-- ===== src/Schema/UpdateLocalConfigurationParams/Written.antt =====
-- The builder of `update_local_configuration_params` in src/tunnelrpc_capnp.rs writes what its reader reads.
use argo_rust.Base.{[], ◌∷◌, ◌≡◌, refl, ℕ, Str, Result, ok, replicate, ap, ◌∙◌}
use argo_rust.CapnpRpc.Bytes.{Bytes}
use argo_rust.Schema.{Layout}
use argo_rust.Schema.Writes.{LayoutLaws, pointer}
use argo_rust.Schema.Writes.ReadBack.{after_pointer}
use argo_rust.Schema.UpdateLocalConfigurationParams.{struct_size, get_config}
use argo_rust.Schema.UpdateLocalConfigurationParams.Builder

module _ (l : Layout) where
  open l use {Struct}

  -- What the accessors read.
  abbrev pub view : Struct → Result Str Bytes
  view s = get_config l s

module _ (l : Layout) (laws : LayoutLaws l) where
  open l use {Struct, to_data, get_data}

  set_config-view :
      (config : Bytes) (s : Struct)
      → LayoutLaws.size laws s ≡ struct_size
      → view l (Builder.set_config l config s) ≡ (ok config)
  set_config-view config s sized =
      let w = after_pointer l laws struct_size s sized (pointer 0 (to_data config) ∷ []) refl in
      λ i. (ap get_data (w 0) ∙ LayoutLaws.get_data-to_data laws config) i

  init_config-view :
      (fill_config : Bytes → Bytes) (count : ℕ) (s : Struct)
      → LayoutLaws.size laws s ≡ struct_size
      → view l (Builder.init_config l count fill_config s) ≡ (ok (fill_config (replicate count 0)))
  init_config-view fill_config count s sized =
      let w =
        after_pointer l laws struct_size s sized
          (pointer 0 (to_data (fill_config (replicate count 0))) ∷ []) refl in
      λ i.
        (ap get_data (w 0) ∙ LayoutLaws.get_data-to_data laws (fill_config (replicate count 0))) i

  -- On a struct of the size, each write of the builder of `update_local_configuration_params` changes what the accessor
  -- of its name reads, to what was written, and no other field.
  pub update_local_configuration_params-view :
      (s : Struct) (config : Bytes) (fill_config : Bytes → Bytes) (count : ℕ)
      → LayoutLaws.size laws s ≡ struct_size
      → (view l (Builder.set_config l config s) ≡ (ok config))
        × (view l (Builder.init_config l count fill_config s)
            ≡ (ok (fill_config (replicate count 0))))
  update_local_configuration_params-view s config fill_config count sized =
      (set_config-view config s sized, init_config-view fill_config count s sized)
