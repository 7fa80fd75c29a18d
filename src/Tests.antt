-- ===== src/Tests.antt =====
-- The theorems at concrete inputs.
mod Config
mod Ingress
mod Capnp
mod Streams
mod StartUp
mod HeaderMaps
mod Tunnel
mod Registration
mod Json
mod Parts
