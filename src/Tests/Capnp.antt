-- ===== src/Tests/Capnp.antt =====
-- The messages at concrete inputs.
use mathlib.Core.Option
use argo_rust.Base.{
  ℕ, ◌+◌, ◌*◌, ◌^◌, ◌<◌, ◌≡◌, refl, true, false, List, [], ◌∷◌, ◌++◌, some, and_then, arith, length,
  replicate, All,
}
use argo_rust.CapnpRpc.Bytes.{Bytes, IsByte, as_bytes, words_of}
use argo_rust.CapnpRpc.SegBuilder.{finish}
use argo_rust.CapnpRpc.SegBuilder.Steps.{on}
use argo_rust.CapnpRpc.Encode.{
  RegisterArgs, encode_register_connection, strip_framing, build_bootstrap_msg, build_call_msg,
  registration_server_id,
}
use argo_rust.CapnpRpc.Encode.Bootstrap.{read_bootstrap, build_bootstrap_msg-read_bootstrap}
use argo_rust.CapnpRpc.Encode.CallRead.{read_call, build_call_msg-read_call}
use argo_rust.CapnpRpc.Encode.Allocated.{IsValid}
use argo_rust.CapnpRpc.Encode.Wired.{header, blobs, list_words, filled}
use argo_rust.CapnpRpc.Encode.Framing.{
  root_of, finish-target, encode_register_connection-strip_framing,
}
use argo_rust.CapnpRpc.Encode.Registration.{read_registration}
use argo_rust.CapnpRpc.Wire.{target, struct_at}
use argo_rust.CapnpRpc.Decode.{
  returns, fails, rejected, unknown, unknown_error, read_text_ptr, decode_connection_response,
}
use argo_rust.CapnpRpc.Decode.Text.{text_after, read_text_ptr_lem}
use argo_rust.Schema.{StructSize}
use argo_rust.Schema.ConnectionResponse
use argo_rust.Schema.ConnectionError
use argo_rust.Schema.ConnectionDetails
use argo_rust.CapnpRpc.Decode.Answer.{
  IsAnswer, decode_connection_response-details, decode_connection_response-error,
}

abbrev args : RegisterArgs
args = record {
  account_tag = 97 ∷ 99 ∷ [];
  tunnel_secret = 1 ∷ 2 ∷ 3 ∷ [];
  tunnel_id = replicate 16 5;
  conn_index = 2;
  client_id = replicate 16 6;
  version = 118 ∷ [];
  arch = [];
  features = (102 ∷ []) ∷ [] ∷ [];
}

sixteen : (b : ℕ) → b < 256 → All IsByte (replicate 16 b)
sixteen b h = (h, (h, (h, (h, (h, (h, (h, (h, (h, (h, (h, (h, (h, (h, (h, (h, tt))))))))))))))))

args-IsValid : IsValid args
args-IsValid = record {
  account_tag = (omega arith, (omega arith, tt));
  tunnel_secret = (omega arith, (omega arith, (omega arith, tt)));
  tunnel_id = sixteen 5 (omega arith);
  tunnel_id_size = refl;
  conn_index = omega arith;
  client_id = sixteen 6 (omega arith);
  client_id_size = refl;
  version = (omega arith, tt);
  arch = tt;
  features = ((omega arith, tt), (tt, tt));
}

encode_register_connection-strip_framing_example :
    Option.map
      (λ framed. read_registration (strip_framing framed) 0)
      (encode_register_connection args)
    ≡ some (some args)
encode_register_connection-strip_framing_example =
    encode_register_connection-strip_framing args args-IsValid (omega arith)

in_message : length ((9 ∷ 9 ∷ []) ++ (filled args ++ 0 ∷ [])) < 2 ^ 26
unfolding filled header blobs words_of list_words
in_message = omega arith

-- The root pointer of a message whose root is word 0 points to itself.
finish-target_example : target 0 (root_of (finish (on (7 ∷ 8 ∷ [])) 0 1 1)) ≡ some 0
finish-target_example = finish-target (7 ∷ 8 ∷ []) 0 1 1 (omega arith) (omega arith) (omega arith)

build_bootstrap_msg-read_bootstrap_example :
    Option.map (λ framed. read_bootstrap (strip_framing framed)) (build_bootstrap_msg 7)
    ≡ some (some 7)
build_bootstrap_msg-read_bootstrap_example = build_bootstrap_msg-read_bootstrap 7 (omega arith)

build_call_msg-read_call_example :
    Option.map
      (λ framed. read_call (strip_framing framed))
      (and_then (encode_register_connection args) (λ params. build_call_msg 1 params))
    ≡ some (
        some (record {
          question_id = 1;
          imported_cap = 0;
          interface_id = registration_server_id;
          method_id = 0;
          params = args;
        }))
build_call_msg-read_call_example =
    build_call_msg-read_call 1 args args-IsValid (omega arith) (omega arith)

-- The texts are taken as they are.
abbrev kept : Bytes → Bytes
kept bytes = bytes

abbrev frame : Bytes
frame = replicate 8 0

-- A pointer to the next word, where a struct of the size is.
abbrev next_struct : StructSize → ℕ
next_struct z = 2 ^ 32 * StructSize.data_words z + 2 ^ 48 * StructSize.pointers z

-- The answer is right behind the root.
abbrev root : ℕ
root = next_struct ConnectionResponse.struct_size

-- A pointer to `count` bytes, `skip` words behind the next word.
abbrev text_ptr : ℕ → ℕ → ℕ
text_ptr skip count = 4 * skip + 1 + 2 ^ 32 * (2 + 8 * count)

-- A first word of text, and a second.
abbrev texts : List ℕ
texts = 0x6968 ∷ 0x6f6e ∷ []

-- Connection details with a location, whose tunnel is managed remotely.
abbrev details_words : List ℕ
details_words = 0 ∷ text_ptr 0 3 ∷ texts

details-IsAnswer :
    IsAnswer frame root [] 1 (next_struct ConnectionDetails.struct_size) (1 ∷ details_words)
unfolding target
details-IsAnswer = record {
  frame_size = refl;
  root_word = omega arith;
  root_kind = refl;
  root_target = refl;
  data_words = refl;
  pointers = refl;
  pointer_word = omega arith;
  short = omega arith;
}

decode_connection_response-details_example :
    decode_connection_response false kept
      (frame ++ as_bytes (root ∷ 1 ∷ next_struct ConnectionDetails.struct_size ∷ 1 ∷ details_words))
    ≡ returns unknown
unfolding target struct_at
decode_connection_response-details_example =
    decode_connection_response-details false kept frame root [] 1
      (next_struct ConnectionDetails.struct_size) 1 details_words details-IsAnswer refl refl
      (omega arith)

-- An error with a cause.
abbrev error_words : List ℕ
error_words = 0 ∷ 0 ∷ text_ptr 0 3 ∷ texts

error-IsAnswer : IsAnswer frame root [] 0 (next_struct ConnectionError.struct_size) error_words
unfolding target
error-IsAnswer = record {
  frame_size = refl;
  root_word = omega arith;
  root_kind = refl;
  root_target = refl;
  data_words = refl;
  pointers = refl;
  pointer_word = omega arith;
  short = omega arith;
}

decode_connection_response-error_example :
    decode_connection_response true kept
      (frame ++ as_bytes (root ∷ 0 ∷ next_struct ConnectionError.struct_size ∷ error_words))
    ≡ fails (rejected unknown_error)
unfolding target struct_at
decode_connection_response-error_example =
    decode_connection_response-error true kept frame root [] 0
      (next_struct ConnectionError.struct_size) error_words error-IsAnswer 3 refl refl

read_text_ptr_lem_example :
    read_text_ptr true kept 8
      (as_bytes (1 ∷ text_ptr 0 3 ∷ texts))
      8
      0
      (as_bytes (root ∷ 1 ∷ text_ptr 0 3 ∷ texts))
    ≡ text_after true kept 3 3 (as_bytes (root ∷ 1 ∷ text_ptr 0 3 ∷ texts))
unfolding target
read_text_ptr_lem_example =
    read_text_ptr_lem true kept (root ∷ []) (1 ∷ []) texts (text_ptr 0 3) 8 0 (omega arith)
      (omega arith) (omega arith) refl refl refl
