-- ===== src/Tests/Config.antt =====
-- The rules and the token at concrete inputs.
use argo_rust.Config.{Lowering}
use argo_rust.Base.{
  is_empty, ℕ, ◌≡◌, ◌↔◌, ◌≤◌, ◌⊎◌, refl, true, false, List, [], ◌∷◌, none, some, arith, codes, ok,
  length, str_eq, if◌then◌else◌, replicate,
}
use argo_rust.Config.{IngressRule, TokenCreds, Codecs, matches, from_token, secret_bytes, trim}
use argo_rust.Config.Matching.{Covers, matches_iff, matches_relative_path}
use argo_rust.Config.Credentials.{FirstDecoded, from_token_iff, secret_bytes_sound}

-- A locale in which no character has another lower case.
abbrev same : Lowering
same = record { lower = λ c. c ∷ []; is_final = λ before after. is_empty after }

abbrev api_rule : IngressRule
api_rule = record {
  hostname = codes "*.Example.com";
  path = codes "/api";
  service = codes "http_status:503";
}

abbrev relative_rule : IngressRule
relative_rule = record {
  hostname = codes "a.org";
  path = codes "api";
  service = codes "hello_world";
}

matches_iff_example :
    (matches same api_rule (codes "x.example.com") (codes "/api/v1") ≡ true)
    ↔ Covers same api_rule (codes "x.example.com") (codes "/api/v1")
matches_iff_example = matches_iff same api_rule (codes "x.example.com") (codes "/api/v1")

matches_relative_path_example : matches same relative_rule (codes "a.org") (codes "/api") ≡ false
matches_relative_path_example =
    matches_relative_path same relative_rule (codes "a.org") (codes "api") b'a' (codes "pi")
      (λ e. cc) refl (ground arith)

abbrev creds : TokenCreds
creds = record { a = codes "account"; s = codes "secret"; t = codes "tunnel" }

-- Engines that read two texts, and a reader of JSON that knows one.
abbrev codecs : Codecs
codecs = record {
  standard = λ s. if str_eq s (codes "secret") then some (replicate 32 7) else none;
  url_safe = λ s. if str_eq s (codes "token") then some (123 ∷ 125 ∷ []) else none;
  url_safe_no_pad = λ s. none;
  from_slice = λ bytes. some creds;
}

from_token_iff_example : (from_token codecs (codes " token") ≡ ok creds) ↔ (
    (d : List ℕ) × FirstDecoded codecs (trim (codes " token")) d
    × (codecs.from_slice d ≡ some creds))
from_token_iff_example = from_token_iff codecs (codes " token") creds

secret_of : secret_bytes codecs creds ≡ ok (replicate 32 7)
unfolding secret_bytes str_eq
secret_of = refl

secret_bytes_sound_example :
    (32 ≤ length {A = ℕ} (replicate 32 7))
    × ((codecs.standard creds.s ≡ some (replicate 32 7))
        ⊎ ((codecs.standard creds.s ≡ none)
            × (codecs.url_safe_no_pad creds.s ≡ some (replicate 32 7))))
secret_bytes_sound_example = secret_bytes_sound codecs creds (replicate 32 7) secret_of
..............................
In the entries above, find each line with the string "open" and copy it.

  open l use {Struct}
  open l use {Struct, to_data, get_data}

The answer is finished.